A relação entre desapego e pão francês

Desapego-pao-frances

Já sabemos o quão difícil é o desapego.

Sabemos o que é, sabemos como fazer… Apenas não fazemos.

E entre “saber fazer” e “fazer de fato” há um gigante abismo.

Porém, em uma sessão de mentoria na última semana minha percepção sobre o desapego mudou drasticamente.

Descobri que se transformarmos nossos problemas em um pão francês, tudo fica muito mais simples de entender.

Para explicar de forma mais clara, vou voltar um pouco na história para (tentar) melhorar o entendimento.

Todo o sofrimento que temos na vida provém do apego (que pode ser desejo ou aversão) que temos pelas coisas. Para nos livrarmos do sofrimento, portanto, temos que nos livrar do apego – desapegar. Assim, poderemos encontrar a verdadeira felicidade.

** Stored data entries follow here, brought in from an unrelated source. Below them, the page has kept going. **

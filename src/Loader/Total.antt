-- ===== src/Loader/Total.antt =====
-- `load` of Project 3/userprog/process.c returns, and gives the file system's lock back.
use comp_sys_pint_os.Base.{
  ℕ, zero, suc, ◌+◌, ◌*◌, ◌/◌, ◌%◌, ◌^◌, ◌<◌, ◌≡◌, refl, Bool, true, false, inl, inr, Option, none,
  some, Outcome, returns, panic, Returns, Returns->>=, ◌>>=◌, arith, ◌==◌, ltb, leb, ◌||◌,
  Bool-cases, SameFailure, SameFailure->>=, stuck, ◌⊎◌, ap, sym, subst, if_true, if_false, not,
  assert-true,
}
use comp_sys_pint_os.Platform.{Platform, IsPlatform, page_size, u32}
use comp_sys_pint_os.Elf.{Ehdr, Phdr, Segment, segment_of, validate_segment}
use comp_sys_pint_os.Elf.Validate.{IsWord, validate_segment_sound}
use comp_sys_pint_os.Elf.Arithmetic.{IsCovering, segment_of-IsCovering}
use comp_sys_pint_os.Loader.{
  World, LoadState, after_add, fill_pages, load_segment, segment_fuel, valid_ehdr, load_phdr,
  load_read_phdr, load_phdrs, load_stack, load_ehdr, load_file, load_mapped, load, load_done,
  if_loaded,
}
use comp_sys_pint_os.Loader.Pages.{fill_pages-suc}

-- What the file system delivers: words, and lengths that fit an off_t.
pub record DeliversWords {S : Type 0} (w : World S) : Type 0 where
  pub words : (s : S) (p : Phdr) → (w.read_phdr s).0 ≡ some p → IsWord p
  pub length_word : (s : S) → w.file_length s < 2 ^ 31

module _ {S : Type 0} (w : World S) where
  IsSome : Option (Bool × S) → Type 0
  IsSome o = (r : Bool × S) × (o ≡ some r)

  after_add-IsSome :
      (p : Bool × S) (k : S → Option (Bool × S))
      → ((s : S) → IsSome (k s))
      → IsSome (after_add w p k)
  unfolding after_add IsSome
  after_add-IsSome (true, s) k h = h s
  after_add-IsSome (false, s) k h = ((false, s), refl)

  fill_pages-IsSome :
      (n fuel o u r z : ℕ) (writable : Bool) (s : S)
      → n < fuel
      → r + z ≡ page_size * n
      → r + z < 2 ^ 32
      → IsSome (fill_pages w fuel o u r z writable s)
  fill_pages-IsSome n zero o u r z writable s lt sum fits = absurd (omega arith)
  fill_pages-IsSome zero (suc fuel) o u r z writable s lt sum fits =
      unfold fill_pages IsSome in ((true, s), ground arith)
  fill_pages-IsSome (suc n) (suc fuel) o u r z writable s lt sum fits =
      rw (fill_pages-suc w fuel o u r z writable s (omega arith)) (
        after_add-IsSome _ _ λ t.
          fill_pages-IsSome n fuel _ _ _ _ writable t (omega arith) (omega arith) (omega arith))

  load_segment-Returns :
      (o u r z : ℕ) (writable : Bool) (s : S)
      → (r + z) % page_size ≡ 0
      → u % page_size ≡ 0
      → o % page_size ≡ 0
      → r + z < 2 ^ 32
      → Returns (λ _. Unit {0}) (load_segment w o u r z writable s)
  unfolding load_segment IsSome
  load_segment-Returns o u r z writable s whole ua oa fits = rw (whole', ua', oa', found.1) tt
    where
      whole' : (u32 (r + z) % page_size == 0) ≡ true
      whole' = ground arith

      ua' : (u % page_size == 0) ≡ true
      ua' = ground arith

      oa' : (o % page_size == 0) ≡ true
      oa' = ground arith

      found : IsSome (fill_pages w (segment_fuel w r z) o u r z writable (w.file_seek o s))
      found =
          fill_pages-IsSome ((r + z) / page_size) _ o u r z writable _ (omega arith) (omega arith)
            fits

-- What a part of `load` leaves as it was: the lock stays held.
abbrev Holds : {S : Type 0} → Bool × LoadState S → Type 0
Holds r = r.1.file_lock ≡ true

module _ {S : Type 0} (w : World S) (pf : Platform) (lawful : IsPlatform pf)
    (delivers : DeliversWords w) where
  load_phdr-Holds :
      (p : Phdr) (s : LoadState S)
      → IsWord p
      → s.file_lock ≡ true
      → Returns Holds (load_phdr w pf p s)
  unfolding load_phdr
  load_phdr-Holds p s words held =
      elim (Bool-cases (validate_segment pf p (w.file_length s.world))) [
        | inl valid ↦
            let c =
              segment_of-IsCovering pf lawful p (w.file_length s.world) words
                (validate_segment_sound pf lawful p _ words (delivers.length_word s.world) valid) in
            ground (arith, loads c)
        | inr bad ↦ ground arith
      ]
    where
      g : Segment
      g = segment_of pf p

      loads :
          IsCovering pf.phys_base p g
          → Returns Holds (
              load_segment w g.file_page g.mem_page g.read_bytes g.zero_bytes g.writable s.world
              >>= λ r. returns (r.0, record s { world = r.1 }))
      loads c =
          Returns->>= (λ _. Unit {0}) Holds
            (load_segment w g.file_page g.mem_page g.read_bytes g.zero_bytes g.writable s.world)
            (λ r. returns (r.0, record s { world = r.1 }))
            (load_segment-Returns w g.file_page g.mem_page g.read_bytes g.zero_bytes g.writable
              s.world c.whole_pages c.page_aligned c.file_aligned
              (omega (arith, c.in_user_memory, lawful.base_fits)))
            (λ a _. held)

  load_read_phdr-Holds :
      (r : Option Phdr × S) (s : LoadState S)
      → ((p : Phdr) → r.0 ≡ some p → IsWord p)
      → s.file_lock ≡ true
      → Returns Holds (load_read_phdr w pf r s)
  unfolding load_read_phdr
  load_read_phdr-Holds (none, t) s words held = held
  load_read_phdr-Holds (some p, t) s words held = load_phdr-Holds p _ (words p refl) held

  if_loaded-Holds :
      (r : Bool × LoadState S) (f : LoadState S → Outcome (Bool × LoadState S))
      → Holds r
      → ((s : LoadState S) → s.file_lock ≡ true → Returns Holds (f s))
      → Returns Holds (if_loaded w r f)
  if_loaded-Holds (true, s) f held k = k s held
  if_loaded-Holds (false, s) f held k = held

  load_phdrs-Holds :
      (left file_ofs : ℕ) (s : LoadState S)
      → s.file_lock ≡ true
      → Returns Holds (load_phdrs w pf left file_ofs s)
  unfolding load_phdrs
  load_phdrs-Holds zero file_ofs s held = held
  load_phdrs-Holds (suc left) file_ofs s held =
      elim (Bool-cases (leb (2 ^ 31) file_ofs || ltb (w.file_length s.world) file_ofs)) [
        | inl outside ↦ rw outside held
        | inr inside ↦ rw inside (
            Returns->>= Holds Holds _ _
              (load_read_phdr-Holds (w.read_phdr t) _ (delivers.words t) held)
              (λ r held'. if_loaded-Holds r _ held' (load_phdrs-Holds left _)))
      ]
    where
      t : S
      t = w.file_seek file_ofs s.world

  -- The outcome is that of `setup_stack` in some world, where it panics or is undefined.
  abbrev pub StackFails : Outcome (Bool × LoadState S) → Type 0
  StackFails o = (v : S) × SameFailure (w.setup_stack v) o

  -- The function returns as promised, or `setup_stack` does not return.
  abbrev Ends : (Bool × LoadState S → Type 0) → Outcome (Bool × LoadState S) → Type 0
  Ends P o = Returns P o ⊎ StackFails o

  Ends-after :
      (P Q : Bool × LoadState S → Type 0) (m : Outcome (Bool × LoadState S))
      (f : Bool × LoadState S → Outcome (Bool × LoadState S))
      → Returns P m
      → ((r : Bool × LoadState S) → P r → Ends Q (f r))
      → Ends Q (m >>= f)
  Ends-after P Q (returns r) f h k = k r h
  Ends-after P Q panic f h k = absurd h
  Ends-after P Q stuck f h k = absurd h

  Ends-before :
      (P Q : Bool × LoadState S → Type 0) (m : Outcome (Bool × LoadState S))
      (f : Bool × LoadState S → Outcome (Bool × LoadState S))
      → Ends P m
      → ((r : Bool × LoadState S) → P r → Returns Q (f r))
      → Ends Q (m >>= f)
  Ends-before P Q m f (inl h) k = inl (Returns->>= P Q m f h k)
  Ends-before P Q m f (inr (v, fails)) k = inr (v, SameFailure->>= (w.setup_stack v) m f fails)

  stack-Holds :
      (h : Ehdr) (t : LoadState S)
      → t.file_lock ≡ true
      → Ends Holds (w.setup_stack t.world >>= λ q. load_stack w h q t)
  unfolding load_stack
  stack-Holds h t held = go (w.setup_stack t.world) refl
    where
      go :
          (m : Outcome (Bool × S))
          → w.setup_stack t.world ≡ m
          → Ends Holds (m >>= λ q. load_stack w h q t)
      go (returns (true, u)) e = inl held
      go (returns (false, u)) e = inl held
      go panic e = inr (t.world, inl (e, refl))
      go stuck e = inr (t.world, inr (e, refl))

  if_loaded-Ends :
      (r : Bool × LoadState S) (f : LoadState S → Outcome (Bool × LoadState S))
      → Holds r
      → ((s : LoadState S) → s.file_lock ≡ true → Ends Holds (f s))
      → Ends Holds (if_loaded w r f)
  if_loaded-Ends (true, s) f held k = k s held
  if_loaded-Ends (false, s) f held k = inl held

  load_ehdr-Holds :
      (h : Option Ehdr) (s : LoadState S) → s.file_lock ≡ true → Ends Holds (load_ehdr w pf h s)
  unfolding load_ehdr
  load_ehdr-Holds none s held = inl held
  load_ehdr-Holds (some h) s held = elim (Bool-cases (valid_ehdr h)) [
    | inl valid ↦ subst (Ends Holds) (sym (if_true _ _ _ valid)) (
        Ends-after Holds Holds _ _ (load_phdrs-Holds h.e_phnum h.e_phoff s held)
          (λ r held'. if_loaded-Ends r _ held' (λ t held''. stack-Holds h t held'')))
    | inr bad ↦ subst (Ends Holds) (sym (if_false _ _ _ bad)) (inl held)
  ]

  load_file-Holds :
      (r : Bool × S) (s : LoadState S) → s.file_lock ≡ true → Ends Holds (load_file w pf r s)
  unfolding load_file
  load_file-Holds (false, t) s held = inl held
  load_file-Holds (true, t) s held =
      let (h, u) = w.read_ehdr (w.file_deny_write t) in
      load_ehdr-Holds h (record s { world = u; executable = true }) held

  load_mapped-Released :
      (r : Bool × S) (s : LoadState S)
      → r.0 ≡ true
      → s.file_lock ≡ false
      → Ends (λ q. q.1.file_lock ≡ false) (load_mapped w pf r s)
  unfolding load_mapped
  load_mapped-Released (false, t) s made free = cc
  load_mapped-Released (true, t) s made free =
      subst (Ends (λ q. q.1.file_lock ≡ false))
        (sym (assert-true (not s.file_lock) _ (ap not free)))
        (Ends-before Holds (λ q. q.1.file_lock ≡ false) (load_file w pf (w.filesys_open u) s')
          (load_done w) (load_file-Holds (w.filesys_open u) s' refl) (λ q held. rw held refl))
    where
      u : S
      u = w.process_activate t

      s' : LoadState S
      s' = record s { world = u; file_lock = true }

  -- If the platform is as documented, reads deliver 32-bit words and file lengths fit an off_t, then
  -- with a page directory at hand and the lock free `load` returns and has released the lock of the
  -- file system, whether it succeeds or not; or `setup_stack`, which it calls with the lock held, panics
  -- or is undefined, and so is `load`.
  pub load_releases :
      (s : LoadState S)
      → (w.pagedir_create s.world).0 ≡ true
      → s.file_lock ≡ false
      → Returns (λ q. q.1.file_lock ≡ false) (load w pf s) ⊎ StackFails (load w pf s)
  unfolding load
  load_releases s made free = load_mapped-Released (w.pagedir_create s.world) s made free

  load_mapped_unmapped :
      (r : Bool × S) (s : LoadState S)
      → r.0 ≡ false
      → s.file_lock ≡ false
      → load_mapped w pf r s ≡ panic
  unfolding load_mapped
  load_mapped_unmapped (true, t) s made free = cc
  load_mapped_unmapped (false, t) s made free = rw free

  -- Where no page directory can be had, `load` jumps to `done` before it takes the lock, and the
  -- assertion of `lock_release` panics the kernel.
  pub load_without_pagedir :
      (s : LoadState S)
      → (w.pagedir_create s.world).0 ≡ false
      → s.file_lock ≡ false
      → load w pf s ≡ panic
  unfolding load
  load_without_pagedir s made free = load_mapped_unmapped (w.pagedir_create s.world) s made free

Só que nem tudo é fácil desse jeito.

Quem está apegado muitas vezes nem sabe que está apegado. É como ter nascido e crescido no mesmo lugar e não conhecer nada além das fronteiras conhecidas. Continuar pensando da mesma forma é estar numa fronteira conhecida, é estar numa zona de conforto. E como sair dessa zona?

Basta escolher ver diferente.

A situação vai continuar a mesma. As pessoas envolvidas irão continuar as mesmas. Tudo vai continuar igual.

Menos você.

Porque você escolheu ver a mesma coisa de outro ângulo. Você escolheu mudar sua perspectiva.

E quando você sai dessa zona, um novo horizonte se abre. As coisas que antes impediam você de seguir em frente com fluidez (porque você estava apegado, lembra?) agora só atrapalham.

E é nesse momento que a limpeza começa. Aí que o processo de desapego se inicia. Chega a hora de limpar o que atrapalha e é aí que entra a metáfora: transformar nossos problemas em um pão francês.

Imagine que todas as coisas que te atrapalham na vida tomaram a forma de um pão francês. O pão já está velho. Mas é difícil jogar um pão inteiro fora, não é mesmo? Afinal, ainda é um alimento.

Você talvez possa pensar “Será que não posso comer esse pão? Usar pra fazer um sanduiche? Será que posso fazer torradas com ele?”. Ficamos imaginando um novo uso para aquele pão.

Analogamente na vida, é comum perguntarmos coisas como “Será que posso me desapegar desse problema agora? E essa pessoa, será que devo tentar mais uma vez com ela? E sobre essa ansiedade, estou pronta para me livrar dela?”

Percebe a força do apego?

Agora imagine que você começa a esfarelar o pão. Ele vai virar migalhas. Inúmeras migalhas menores. E é muito mais fácil de jogar migalhas fora, não é mesmo? Você não fica com preocupações do tipo “Nossa, tenho que remontar essas migalhas para virar um pão novamente”.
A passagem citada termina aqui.